==== MATERIAL SHOWN

-- ===== src/Fetch/Served.antt =====
-- From the argument of a client of SP_HW9/52_3 to what it prints.
use sp_hw.Base.{
  ℕ, suc, ◌<◌, ◌≤◌, ◌≡◌, ◌≢◌, refl, sym, ap, ◌∙◌, true, List, [], ◌∷◌, ◌++◌, Option, some,
  if◌then◌else◌, ltb, ltb-true, length, length-append, ltb-false, Bool-cases, inl, inr, All, joined,
  Bytes, Calls, arith,
}
use sp_hw.Fetch.{Response, serve_request, content_size, complete, overruns, waiting, receive}
use sp_hw.Fetch.Blocks.{HasNoNul, RegularReads, receive-serve_request}
use sp_hw.Fetch.Request.{
  name_size, queue_name, named_queue, Event, arrived, server_main, answers, fetched, on_request,
  client_main,
}
use sp_hw.Fetch.Names.{AreNames, filled, fill_request-filled, named_file-filled, named_queue-filled}
use sp_hw.Fetch.Queues.{
  Unbroken, requests_of, Others, server_main-requests_of, requests_of-append, Unbroken-append,
  answers-Others, answers-own, answers-front,
}

-- A client with the digits of its process id, and the events that the server meets around its request.
pub record Asker : Type 0 where
  pub pid_digits : Bytes
  pub file : Bytes
  pub front : List Event
  pub back : List Event

abbrev pub own_queue : Asker → Bytes
own_queue s = queue_name s.pid_digits

abbrev pub events_of : Asker → Bytes → List Event
events_of s mem = s.front ++ arrived mem ∷ s.back

-- The names fit the request, and `mq_receive` and `fork` serve every request, the other ones of which name
-- other queues.
pub record IsServed (s : Asker) (before : Bytes) (forks : Calls) : Type 0 where
  pub names : AreNames (own_queue s) s.file before
  pub named : s.file ≢ []
  pub front_unbroken : Unbroken s.front
  pub back_unbroken : Unbroken s.back
  pub front_others : Others (own_queue s) (requests_of s.front)
  pub back_others : Others (own_queue s) (requests_of s.back)
  pub all_forked : (j : ℕ) → forks j ≡ true

on_request-received :
    (io : Calls) (mem : Bytes) (reply : Bytes → List Response)
    → ((j : ℕ) → io j ≡ true)
    → on_request io (some mem) reply ≡ fetched (receive (reply mem))
on_request-received io mem reply o = rw (o 2, o 3) refl

-- What the client gets if its request names its own queue, and nothing otherwise.
module _ (s : Asker) (before held : Bytes) (forks sends : Calls)
    (files : Bytes → Option (List Bytes)) (i : IsServed s before forks) where
  abbrev pub reply_of : Bytes → List Response
  reply_of mem = answers (own_queue s) held sends files (server_main forks 0 (events_of s mem))

  abbrev mem_of : Bytes
  mem_of = filled (own_queue s) s.file before

  reply-answers :
      reply_of mem_of ≡ answers (own_queue s) held sends files (mem_of ∷ requests_of s.back)
  reply-answers =
      ap (answers (own_queue s) held sends files) (
        server_main-requests_of forks 0 (events_of s mem_of) i.all_forked
          (Unbroken-append s.front mem_of s.back i.front_unbroken i.back_unbroken)
        ∙ requests_of-append s.front (arrived mem_of ∷ s.back))
      ∙ answers-front (own_queue s) held sends files (requests_of s.front)
          (mem_of ∷ requests_of s.back) i.front_others

  reply_short :
      length (own_queue s) < name_size
      → reply_of mem_of ≡ serve_request true held sends (files s.file)
  reply_short l =
      reply-answers
      ∙ answers-own (own_queue s) held sends files mem_of (requests_of s.back)
          (named_queue-filled (own_queue s) s.file before i.names
            ∙ rw (ltb-true (length (own_queue s)) name_size l) refl)
          i.back_others
      ∙ ap (λ f. serve_request true held sends (files f))
          (named_file-filled (own_queue s) s.file before i.names)

  longer : (file : Bytes) → file ≢ [] → own_queue s ++ file ≢ own_queue s
  longer [] h e = h refl
  longer (c ∷ file) h e = omega (arith, ap length e, length-append (own_queue s) (c ∷ file))

  reply_long : name_size ≤ length (own_queue s) → reply_of mem_of ≡ []
  reply_long l =
      let seen : named_queue mem_of ≡ own_queue s ++ s.file =
        named_queue-filled (own_queue s) s.file before i.names
        ∙ rw (ltb-false (length (own_queue s)) name_size l) refl in
      reply-answers
      ∙ answers-Others (own_queue s) held sends files (mem_of ∷ requests_of s.back)
          ((λ e. longer s.file i.named (sym seen ∙ e)), i.back_others)

  client_main-received :
      (io : Calls)
      → ((j : ℕ) → io j ≡ true)
      → client_main io (some s.file) s.pid_digits before reply_of
        ≡ fetched (receive (reply_of mem_of))
  unfolding client_main
  client_main-received io o =
      rw (o 0, o 1)
        (ap (λ m. on_request io m reply_of)
            (fill_request-filled (own_queue s) s.file before i.names)
          ∙ on_request-received io mem_of reply_of o)

-- A client asks for a regular file whose bytes are not zero, and no call of the client fails: among the
-- requests of other clients it prints the file if that is shorter than the array of a message, and reads
-- behind the array otherwise; if the name of its queue fills the array of the request, that is for a process
-- id of seven digits, it waits for ever.
pub client_main-served :
    (s : Asker) (before held : Bytes) (forks sends io : Calls) (files : Bytes → Option (List Bytes))
    (blocks : List Bytes)
    → IsServed s before forks
    → ((j : ℕ) → sends j ≡ true)
    → ((j : ℕ) → io j ≡ true)
    → files s.file ≡ some blocks
    → RegularReads blocks
    → All HasNoNul blocks
    → client_main io
        (some s.file)
        s.pid_digits
        before
        (λ mem. answers (own_queue s) held sends files (server_main forks 0 (events_of s mem)))
      ≡ (if ltb (length (own_queue s)) name_size
          then fetched (
              if ltb (length (joined blocks)) content_size
              then complete (joined blocks) (suc (length blocks))
              else overruns [])
          else fetched (waiting []))
unfolding receive
client_main-served s before held forks sends io files blocks i sent o e r h =
    client_main-received s before held forks sends files i io o
    ∙ elim (Bool-cases (ltb (length (own_queue s)) name_size)) [
      | inl l ↦ rw l (
          ap fetched (
            ap receive (
              reply_short s before held forks sends files i (ground arith)
              ∙ ap (serve_request true held sends) e)
            ∙ receive-serve_request held sends blocks sent r h))
      | inr l ↦ rw l (
          ap (λ ms. fetched (receive ms))
            (reply_long s before held forks sends files i (ground arith)))
    ]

========

TASK BRIEF => The entries above must be returned in full, exactly as shown.

OUTPUT BELOW =>
-- ===== src/Fetch/Served.antt =====
-- From the argument of a client of SP_HW9/52_3 to what it prints.
use sp_hw.Base.{
  ℕ, suc, ◌<◌, ◌≤◌, ◌≡◌, ◌≢◌, refl, sym, ap, ◌∙◌, true, List, [], ◌∷◌, ◌++◌, Option, some,
  if◌then◌else◌, ltb, ltb-true, length, length-append, ltb-false, Bool-cases, inl, inr, All, joined,
  Bytes, Calls, arith,
}
use sp_hw.Fetch.{Response, serve_request, content_size, complete, overruns, waiting, receive}
use sp_hw.Fetch.Blocks.{HasNoNul, RegularReads, receive-serve_request}
use sp_hw.Fetch.Request.{
  name_size, queue_name, named_queue, Event, arrived, server_main, answers, fetched, on_request,
  client_main,
}
use sp_hw.Fetch.Names.{AreNames, filled, fill_request-filled, named_file-filled, named_queue-filled}
use sp_hw.Fetch.Queues.{
  Unbroken, requests_of, Others, server_main-requests_of, requests_of-append, Unbroken-append,
  answers-Others, answers-own, answers-front,
}

-- A client with the digits of its process id, and the events that the server meets around its request.
pub record Asker : Type 0 where
  pub pid_digits : Bytes
  pub file : Bytes
  pub front : List Event
  pub back : List Event

abbrev pub own_queue : Asker → Bytes
own_queue s = queue_name s.pid_digits

abbrev pub events_of : Asker → Bytes → List Event
events_of s mem = s.front ++ arrived mem ∷ s.back

-- The names fit the request, and `mq_receive` and `fork` serve every request, the other ones of which name
-- other queues.
pub record IsServed (s : Asker) (before : Bytes) (forks : Calls) : Type 0 where
  pub names : AreNames (own_queue s) s.file before
  pub named : s.file ≢ []
  pub front_unbroken : Unbroken s.front
  pub back_unbroken : Unbroken s.back
  pub front_others : Others (own_queue s) (requests_of s.front)
  pub back_others : Others (own_queue s) (requests_of s.back)
  pub all_forked : (j : ℕ) → forks j ≡ true

on_request-received :
    (io : Calls) (mem : Bytes) (reply : Bytes → List Response)
    → ((j : ℕ) → io j ≡ true)
    → on_request io (some mem) reply ≡ fetched (receive (reply mem))
on_request-received io mem reply o = rw (o 2, o 3) refl

-- What the client gets if its request names its own queue, and nothing otherwise.
module _ (s : Asker) (before held : Bytes) (forks sends : Calls)
    (files : Bytes → Option (List Bytes)) (i : IsServed s before forks) where
  abbrev pub reply_of : Bytes → List Response
  reply_of mem = answers (own_queue s) held sends files (server_main forks 0 (events_of s mem))

  abbrev mem_of : Bytes
  mem_of = filled (own_queue s) s.file before

  reply-answers :
      reply_of mem_of ≡ answers (own_queue s) held sends files (mem_of ∷ requests_of s.back)
  reply-answers =
      ap (answers (own_queue s) held sends files) (
        server_main-requests_of forks 0 (events_of s mem_of) i.all_forked
          (Unbroken-append s.front mem_of s.back i.front_unbroken i.back_unbroken)
        ∙ requests_of-append s.front (arrived mem_of ∷ s.back))
      ∙ answers-front (own_queue s) held sends files (requests_of s.front)
          (mem_of ∷ requests_of s.back) i.front_others

  reply_short :
      length (own_queue s) < name_size
      → reply_of mem_of ≡ serve_request true held sends (files s.file)
  reply_short l =
      reply-answers
      ∙ answers-own (own_queue s) held sends files mem_of (requests_of s.back)
          (named_queue-filled (own_queue s) s.file before i.names
            ∙ rw (ltb-true (length (own_queue s)) name_size l) refl)
          i.back_others
      ∙ ap (λ f. serve_request true held sends (files f))
          (named_file-filled (own_queue s) s.file before i.names)

  longer : (file : Bytes) → file ≢ [] → own_queue s ++ file ≢ own_queue s
  longer [] h e = h refl
  longer (c ∷ file) h e = omega (arith, ap length e, length-append (own_queue s) (c ∷ file))

  reply_long : name_size ≤ length (own_queue s) → reply_of mem_of ≡ []
  reply_long l =
      let seen : named_queue mem_of ≡ own_queue s ++ s.file =
        named_queue-filled (own_queue s) s.file before i.names
        ∙ rw (ltb-false (length (own_queue s)) name_size l) refl in
      reply-answers
      ∙ answers-Others (own_queue s) held sends files (mem_of ∷ requests_of s.back)
          ((λ e. longer s.file i.named (sym seen ∙ e)), i.back_others)

  client_main-received :
      (io : Calls)
      → ((j : ℕ) → io j ≡ true)
      → client_main io (some s.file) s.pid_digits before reply_of
        ≡ fetched (receive (reply_of mem_of))
  unfolding client_main
  client_main-received io o =
      rw (o 0, o 1)
        (ap (λ m. on_request io m reply_of)
            (fill_request-filled (own_queue s) s.file before i.names)
          ∙ on_request-received io mem_of reply_of o)

-- A client asks for a regular file whose bytes are not zero, and no call of the client fails: among the
-- requests of other clients it prints the file if that is shorter than the array of a message, and reads
-- behind the array otherwise; if the name of its queue fills the array of the request, that is for a process
-- id of seven digits, it waits for ever.
pub client_main-served :
    (s : Asker) (before held : Bytes) (forks sends io : Calls) (files : Bytes → Option (List Bytes))
    (blocks : List Bytes)
    → IsServed s before forks
    → ((j : ℕ) → sends j ≡ true)
    → ((j : ℕ) → io j ≡ true)
    → files s.file ≡ some blocks
    → RegularReads blocks
    → All HasNoNul blocks
    → client_main io
        (some s.file)
        s.pid_digits
        before
        (λ mem. answers (own_queue s) held sends files (server_main forks 0 (events_of s mem)))
      ≡ (if ltb (length (own_queue s)) name_size
          then fetched (
              if ltb (length (joined blocks)) content_size
              then complete (joined blocks) (suc (length blocks))
              else overruns [])
          else fetched (waiting []))
unfolding receive
client_main-served s before held forks sends io files blocks i sent o e r h =
    client_main-received s before held forks sends files i io o
    ∙ elim (Bool-cases (ltb (length (own_queue s)) name_size)) [
      | inl l ↦ rw l (
          ap fetched (
            ap receive (
              reply_short s before held forks sends files i (ground arith)
              ∙ ap (serve_request true held sends) e)
            ∙ receive-serve_request held sends blocks sent r h))
      | inr l ↦ rw l (
          ap (λ ms. fetched (receive ms))
            (reply_long s before held forks sends files i (ground arith)))
    ]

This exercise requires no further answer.